== MATERIAL SHOWN ==

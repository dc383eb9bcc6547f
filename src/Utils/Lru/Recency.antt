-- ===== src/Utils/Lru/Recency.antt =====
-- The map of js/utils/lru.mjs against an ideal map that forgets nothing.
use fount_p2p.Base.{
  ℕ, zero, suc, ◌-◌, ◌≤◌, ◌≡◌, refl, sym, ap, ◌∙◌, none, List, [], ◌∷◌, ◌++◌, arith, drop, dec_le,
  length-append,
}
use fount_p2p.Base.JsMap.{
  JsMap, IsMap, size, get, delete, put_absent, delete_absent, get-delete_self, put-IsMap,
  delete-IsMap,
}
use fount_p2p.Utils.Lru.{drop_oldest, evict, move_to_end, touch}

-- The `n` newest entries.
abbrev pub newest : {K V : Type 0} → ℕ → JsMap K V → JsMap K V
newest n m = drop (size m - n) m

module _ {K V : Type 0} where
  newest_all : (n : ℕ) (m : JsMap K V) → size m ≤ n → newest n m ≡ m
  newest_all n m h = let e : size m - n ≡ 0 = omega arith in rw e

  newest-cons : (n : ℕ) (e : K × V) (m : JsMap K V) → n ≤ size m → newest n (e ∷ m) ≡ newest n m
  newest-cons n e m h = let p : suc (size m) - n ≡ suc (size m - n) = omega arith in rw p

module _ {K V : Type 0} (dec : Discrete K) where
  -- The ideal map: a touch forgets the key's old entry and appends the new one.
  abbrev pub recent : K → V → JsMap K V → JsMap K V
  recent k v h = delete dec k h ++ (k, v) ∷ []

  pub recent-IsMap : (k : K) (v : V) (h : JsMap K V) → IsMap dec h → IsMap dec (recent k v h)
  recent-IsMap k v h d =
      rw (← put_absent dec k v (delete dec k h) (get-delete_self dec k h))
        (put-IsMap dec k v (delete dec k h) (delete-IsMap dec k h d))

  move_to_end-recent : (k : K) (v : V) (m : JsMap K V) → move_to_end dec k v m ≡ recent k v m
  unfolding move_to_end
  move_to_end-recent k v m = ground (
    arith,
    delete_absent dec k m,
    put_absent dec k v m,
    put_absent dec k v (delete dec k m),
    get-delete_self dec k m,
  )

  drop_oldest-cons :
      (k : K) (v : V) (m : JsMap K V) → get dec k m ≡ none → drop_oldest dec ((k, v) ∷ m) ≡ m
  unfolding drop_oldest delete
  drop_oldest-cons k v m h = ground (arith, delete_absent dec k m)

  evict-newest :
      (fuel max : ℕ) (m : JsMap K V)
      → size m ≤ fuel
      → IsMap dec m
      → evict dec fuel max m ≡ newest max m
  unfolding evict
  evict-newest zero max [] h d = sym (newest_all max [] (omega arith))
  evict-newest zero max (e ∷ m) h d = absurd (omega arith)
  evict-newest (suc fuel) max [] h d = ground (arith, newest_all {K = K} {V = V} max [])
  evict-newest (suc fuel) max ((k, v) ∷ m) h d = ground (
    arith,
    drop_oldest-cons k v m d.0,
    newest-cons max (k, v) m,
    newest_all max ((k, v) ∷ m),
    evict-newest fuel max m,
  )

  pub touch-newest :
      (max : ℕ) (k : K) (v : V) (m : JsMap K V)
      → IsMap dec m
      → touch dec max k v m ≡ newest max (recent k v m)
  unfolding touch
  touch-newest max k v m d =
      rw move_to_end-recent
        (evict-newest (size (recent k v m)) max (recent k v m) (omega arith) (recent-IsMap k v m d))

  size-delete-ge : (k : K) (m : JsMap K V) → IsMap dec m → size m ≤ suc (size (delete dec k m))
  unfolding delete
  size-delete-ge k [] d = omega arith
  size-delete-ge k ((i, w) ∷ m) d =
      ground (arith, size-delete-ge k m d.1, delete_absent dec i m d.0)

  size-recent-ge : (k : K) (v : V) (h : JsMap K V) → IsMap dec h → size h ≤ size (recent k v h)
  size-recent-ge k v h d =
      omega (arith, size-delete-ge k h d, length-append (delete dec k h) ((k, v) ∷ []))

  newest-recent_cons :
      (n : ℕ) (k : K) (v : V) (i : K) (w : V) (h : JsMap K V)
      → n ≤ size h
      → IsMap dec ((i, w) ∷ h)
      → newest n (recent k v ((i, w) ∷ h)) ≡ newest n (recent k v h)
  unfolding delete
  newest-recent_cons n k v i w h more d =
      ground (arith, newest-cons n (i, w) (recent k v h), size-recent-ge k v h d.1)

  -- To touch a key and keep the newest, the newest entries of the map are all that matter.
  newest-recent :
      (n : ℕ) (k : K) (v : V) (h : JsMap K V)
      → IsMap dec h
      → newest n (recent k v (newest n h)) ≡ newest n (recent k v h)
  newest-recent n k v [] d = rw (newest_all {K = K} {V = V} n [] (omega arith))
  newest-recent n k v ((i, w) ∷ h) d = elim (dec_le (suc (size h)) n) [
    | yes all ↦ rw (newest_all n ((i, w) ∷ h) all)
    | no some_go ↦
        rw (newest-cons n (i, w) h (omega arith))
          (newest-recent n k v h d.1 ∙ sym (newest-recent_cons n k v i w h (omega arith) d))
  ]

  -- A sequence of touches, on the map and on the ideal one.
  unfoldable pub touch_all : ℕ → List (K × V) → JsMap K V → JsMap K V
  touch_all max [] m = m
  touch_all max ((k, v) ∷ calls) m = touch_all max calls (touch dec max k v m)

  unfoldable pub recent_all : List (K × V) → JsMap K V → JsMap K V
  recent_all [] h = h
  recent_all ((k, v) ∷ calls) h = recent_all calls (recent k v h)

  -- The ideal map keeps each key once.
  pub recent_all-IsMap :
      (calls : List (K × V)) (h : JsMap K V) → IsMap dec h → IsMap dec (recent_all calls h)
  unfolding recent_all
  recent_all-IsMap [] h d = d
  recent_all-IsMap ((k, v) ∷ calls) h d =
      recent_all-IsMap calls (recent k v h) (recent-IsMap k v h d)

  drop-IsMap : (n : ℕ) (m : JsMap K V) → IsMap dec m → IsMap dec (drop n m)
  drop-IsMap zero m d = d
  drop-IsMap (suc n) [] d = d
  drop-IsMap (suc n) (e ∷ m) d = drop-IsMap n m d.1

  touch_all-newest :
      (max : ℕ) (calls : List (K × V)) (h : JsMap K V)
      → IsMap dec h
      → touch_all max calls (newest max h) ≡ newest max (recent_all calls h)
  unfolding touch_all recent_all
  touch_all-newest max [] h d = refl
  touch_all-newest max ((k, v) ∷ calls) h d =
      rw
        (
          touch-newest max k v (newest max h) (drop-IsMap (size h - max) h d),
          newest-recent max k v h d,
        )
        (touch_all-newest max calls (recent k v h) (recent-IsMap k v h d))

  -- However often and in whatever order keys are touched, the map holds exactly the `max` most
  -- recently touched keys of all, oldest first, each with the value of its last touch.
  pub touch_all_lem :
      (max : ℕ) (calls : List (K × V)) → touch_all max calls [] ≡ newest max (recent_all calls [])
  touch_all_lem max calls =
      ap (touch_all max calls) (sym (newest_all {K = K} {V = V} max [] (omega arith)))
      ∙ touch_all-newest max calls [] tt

===
== MATERIAL SHOWN ==

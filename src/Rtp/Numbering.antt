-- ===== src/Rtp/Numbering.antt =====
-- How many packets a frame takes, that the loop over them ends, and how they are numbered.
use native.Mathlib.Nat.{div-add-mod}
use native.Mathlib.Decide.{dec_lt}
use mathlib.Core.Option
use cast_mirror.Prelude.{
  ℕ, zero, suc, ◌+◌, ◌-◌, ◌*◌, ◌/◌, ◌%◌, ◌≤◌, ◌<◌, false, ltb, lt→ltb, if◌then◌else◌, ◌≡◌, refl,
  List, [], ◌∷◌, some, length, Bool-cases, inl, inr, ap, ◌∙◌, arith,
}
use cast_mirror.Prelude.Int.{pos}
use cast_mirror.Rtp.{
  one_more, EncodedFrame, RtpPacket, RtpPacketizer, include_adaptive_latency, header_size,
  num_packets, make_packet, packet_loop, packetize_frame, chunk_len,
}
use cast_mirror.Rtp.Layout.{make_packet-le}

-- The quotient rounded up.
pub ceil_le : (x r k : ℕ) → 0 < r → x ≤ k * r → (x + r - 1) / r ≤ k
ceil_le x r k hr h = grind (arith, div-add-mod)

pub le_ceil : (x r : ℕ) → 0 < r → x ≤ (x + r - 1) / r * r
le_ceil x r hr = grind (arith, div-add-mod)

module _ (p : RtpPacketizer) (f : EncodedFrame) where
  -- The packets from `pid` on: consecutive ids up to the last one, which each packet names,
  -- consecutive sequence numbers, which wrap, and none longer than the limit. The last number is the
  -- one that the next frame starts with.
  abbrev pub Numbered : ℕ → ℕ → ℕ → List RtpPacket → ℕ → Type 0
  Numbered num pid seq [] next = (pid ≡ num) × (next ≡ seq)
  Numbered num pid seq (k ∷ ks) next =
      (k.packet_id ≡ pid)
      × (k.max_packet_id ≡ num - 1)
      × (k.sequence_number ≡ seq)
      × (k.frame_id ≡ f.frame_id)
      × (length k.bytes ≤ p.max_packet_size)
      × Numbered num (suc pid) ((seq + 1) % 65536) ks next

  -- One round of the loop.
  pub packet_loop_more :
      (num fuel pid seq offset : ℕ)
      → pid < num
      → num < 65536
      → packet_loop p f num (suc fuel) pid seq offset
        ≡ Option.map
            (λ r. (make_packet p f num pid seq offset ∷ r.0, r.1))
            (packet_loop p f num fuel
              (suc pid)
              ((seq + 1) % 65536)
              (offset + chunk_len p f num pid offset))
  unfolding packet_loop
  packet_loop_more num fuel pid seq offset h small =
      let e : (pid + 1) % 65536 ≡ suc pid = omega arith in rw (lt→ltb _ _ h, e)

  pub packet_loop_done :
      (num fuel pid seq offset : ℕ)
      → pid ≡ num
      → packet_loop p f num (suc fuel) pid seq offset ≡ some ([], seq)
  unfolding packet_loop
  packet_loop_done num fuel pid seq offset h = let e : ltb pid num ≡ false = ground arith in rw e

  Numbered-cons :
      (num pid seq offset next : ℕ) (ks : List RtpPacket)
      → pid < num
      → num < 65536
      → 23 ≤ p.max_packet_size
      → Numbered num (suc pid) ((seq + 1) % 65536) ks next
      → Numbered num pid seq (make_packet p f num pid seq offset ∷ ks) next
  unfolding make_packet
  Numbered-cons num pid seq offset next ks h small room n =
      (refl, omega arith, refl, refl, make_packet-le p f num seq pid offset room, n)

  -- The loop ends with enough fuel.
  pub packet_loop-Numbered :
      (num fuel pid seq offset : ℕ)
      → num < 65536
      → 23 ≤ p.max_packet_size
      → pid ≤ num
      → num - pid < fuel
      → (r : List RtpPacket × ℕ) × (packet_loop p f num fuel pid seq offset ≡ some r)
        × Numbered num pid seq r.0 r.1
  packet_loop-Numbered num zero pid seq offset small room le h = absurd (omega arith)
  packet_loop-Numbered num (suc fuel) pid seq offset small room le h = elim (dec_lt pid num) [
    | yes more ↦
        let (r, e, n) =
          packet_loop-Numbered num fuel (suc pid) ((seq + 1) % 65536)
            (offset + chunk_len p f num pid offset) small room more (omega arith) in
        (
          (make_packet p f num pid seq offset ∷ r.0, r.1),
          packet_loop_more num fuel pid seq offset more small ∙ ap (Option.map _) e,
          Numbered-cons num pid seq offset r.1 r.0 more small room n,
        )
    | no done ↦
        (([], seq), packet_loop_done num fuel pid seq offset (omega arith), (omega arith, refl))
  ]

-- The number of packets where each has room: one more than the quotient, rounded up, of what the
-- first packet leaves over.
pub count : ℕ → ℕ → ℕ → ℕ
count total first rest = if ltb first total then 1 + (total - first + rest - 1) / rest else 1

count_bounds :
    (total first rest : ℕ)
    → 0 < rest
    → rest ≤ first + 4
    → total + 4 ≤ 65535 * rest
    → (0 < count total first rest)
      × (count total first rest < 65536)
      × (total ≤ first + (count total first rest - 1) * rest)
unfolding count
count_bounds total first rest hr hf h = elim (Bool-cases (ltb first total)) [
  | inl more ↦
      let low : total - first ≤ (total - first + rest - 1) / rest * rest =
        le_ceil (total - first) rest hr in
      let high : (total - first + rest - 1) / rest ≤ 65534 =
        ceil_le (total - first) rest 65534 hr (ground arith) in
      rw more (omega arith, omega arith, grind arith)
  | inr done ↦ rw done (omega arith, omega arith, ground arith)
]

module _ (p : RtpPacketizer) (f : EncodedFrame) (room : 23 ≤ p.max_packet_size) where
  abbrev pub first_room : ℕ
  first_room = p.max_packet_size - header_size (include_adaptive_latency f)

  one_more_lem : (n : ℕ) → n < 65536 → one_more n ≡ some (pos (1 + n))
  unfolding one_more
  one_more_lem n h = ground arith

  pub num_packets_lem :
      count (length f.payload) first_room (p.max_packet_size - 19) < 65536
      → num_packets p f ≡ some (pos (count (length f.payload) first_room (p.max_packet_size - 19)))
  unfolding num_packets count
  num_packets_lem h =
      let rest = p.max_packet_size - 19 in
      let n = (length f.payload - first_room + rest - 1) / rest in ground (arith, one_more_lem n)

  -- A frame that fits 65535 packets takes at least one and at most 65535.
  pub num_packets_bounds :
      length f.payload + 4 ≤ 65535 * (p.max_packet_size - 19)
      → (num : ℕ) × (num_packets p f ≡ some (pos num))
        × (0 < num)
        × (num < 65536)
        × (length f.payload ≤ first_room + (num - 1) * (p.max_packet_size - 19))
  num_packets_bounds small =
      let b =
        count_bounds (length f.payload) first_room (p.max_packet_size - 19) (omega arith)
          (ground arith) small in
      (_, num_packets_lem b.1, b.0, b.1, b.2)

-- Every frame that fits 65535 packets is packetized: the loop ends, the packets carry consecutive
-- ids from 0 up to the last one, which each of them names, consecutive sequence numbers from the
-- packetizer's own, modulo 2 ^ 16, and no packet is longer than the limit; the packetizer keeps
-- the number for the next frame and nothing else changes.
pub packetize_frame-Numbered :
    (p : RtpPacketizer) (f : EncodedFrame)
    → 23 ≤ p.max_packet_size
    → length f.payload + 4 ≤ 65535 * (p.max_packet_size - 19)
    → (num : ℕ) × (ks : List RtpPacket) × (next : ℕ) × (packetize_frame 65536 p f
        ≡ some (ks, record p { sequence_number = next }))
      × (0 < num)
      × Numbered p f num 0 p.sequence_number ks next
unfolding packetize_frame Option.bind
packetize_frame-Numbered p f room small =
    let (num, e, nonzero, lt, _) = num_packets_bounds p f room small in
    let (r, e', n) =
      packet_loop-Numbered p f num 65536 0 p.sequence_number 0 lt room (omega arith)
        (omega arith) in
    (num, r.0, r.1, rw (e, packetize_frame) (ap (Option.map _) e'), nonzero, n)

===
== MATERIAL SHOWN ==

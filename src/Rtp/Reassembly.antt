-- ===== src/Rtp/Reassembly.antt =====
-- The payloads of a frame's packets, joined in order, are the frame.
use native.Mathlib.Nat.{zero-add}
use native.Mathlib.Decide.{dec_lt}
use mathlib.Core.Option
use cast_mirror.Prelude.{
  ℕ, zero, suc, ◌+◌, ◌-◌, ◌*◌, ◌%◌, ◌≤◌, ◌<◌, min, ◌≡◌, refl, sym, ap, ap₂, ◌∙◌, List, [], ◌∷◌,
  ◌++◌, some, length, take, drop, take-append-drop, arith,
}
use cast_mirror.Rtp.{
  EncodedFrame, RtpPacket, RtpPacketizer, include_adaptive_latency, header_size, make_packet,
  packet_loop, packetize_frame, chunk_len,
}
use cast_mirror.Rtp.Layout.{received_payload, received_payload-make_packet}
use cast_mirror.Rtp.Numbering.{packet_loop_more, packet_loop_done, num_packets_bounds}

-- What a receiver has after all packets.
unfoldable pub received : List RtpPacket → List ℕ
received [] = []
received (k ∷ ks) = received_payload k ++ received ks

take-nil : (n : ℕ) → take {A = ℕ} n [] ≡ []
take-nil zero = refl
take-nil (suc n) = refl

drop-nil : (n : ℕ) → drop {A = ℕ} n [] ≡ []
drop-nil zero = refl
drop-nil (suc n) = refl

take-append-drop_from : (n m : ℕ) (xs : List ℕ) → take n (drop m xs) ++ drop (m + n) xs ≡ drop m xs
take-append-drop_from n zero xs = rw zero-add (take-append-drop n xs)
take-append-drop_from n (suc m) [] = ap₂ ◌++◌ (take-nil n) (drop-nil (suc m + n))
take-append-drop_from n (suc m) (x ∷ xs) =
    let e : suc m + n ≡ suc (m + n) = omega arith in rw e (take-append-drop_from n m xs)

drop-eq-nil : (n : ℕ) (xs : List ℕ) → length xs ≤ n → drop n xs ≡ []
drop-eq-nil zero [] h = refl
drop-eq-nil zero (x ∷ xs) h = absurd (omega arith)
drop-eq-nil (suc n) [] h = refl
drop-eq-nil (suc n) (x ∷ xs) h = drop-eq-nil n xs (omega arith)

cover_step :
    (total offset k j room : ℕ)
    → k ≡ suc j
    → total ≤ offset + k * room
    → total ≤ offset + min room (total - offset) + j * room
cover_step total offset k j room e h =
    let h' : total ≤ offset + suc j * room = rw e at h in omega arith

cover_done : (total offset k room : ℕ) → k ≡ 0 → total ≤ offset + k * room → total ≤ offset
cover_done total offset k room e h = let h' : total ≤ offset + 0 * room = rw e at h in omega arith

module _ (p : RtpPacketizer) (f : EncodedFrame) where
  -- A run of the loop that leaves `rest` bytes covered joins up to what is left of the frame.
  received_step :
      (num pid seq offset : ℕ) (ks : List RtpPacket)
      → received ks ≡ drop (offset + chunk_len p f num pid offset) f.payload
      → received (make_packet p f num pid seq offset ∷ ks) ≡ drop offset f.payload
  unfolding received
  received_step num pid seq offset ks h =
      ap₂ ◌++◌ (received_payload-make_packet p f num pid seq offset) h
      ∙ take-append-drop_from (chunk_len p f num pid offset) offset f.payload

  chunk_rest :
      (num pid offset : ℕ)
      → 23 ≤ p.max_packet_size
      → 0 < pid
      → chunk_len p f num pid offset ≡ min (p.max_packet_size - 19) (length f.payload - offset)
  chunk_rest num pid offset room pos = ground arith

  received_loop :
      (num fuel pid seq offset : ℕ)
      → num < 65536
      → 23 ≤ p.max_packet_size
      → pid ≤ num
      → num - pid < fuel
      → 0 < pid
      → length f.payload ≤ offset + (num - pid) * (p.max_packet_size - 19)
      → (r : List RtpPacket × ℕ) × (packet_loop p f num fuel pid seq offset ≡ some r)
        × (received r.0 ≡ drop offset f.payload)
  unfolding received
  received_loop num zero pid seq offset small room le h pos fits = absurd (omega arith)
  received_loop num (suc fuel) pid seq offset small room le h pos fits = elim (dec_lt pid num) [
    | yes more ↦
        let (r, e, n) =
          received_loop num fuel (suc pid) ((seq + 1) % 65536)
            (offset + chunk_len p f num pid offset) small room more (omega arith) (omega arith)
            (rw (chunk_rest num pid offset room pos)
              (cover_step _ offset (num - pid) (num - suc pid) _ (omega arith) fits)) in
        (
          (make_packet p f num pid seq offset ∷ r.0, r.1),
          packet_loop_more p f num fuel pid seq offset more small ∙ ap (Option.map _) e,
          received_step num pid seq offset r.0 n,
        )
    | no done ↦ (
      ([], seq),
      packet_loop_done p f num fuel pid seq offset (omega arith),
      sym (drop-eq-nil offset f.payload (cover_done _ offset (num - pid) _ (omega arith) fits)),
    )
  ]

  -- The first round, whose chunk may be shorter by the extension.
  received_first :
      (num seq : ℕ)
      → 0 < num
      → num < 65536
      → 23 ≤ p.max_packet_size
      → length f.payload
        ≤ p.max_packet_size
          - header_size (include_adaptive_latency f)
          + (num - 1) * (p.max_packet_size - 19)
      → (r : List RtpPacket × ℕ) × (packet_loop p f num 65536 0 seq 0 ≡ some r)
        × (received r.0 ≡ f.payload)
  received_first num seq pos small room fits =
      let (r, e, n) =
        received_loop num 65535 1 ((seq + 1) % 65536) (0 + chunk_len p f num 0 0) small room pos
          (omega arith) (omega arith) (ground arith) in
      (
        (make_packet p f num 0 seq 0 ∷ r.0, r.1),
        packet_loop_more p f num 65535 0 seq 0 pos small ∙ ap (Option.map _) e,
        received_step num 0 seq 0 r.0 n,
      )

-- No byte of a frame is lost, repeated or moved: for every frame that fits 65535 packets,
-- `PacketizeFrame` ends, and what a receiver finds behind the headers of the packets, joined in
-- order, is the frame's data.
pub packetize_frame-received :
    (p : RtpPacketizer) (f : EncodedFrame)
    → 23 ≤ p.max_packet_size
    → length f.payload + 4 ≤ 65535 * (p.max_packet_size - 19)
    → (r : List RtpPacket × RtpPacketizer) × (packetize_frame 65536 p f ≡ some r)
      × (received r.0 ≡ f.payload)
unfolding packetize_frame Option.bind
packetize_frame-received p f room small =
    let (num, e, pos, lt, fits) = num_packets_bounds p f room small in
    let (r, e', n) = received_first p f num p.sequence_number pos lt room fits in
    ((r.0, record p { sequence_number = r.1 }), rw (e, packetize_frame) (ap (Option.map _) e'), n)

===

Return a word-for-word copy of the lines above from the one holding "1) * (p.max_packet_size - 19))" through the one holding "-- packetizer's own, modulo", with both of them included and nothing besides.

- [EXERCISE RESPONSE]
        × (length f.payload ≤ first_room + (num - 1) * (p.max_packet_size - 19))
  num_packets_bounds small =
      let b =
        count_bounds (length f.payload) first_room (p.max_packet_size - 19) (omega arith)
          (ground arith) small in
      (_, num_packets_lem b.1, b.0, b.1, b.2)

-- Every frame that fits 65535 packets is packetized: the loop ends, the packets carry consecutive
-- ids from 0 up to the last one, which each of them names, consecutive sequence numbers from the
-- packetizer's own, modulo 2 ^ 16, and no packet is longer than the limit; the packetizer keeps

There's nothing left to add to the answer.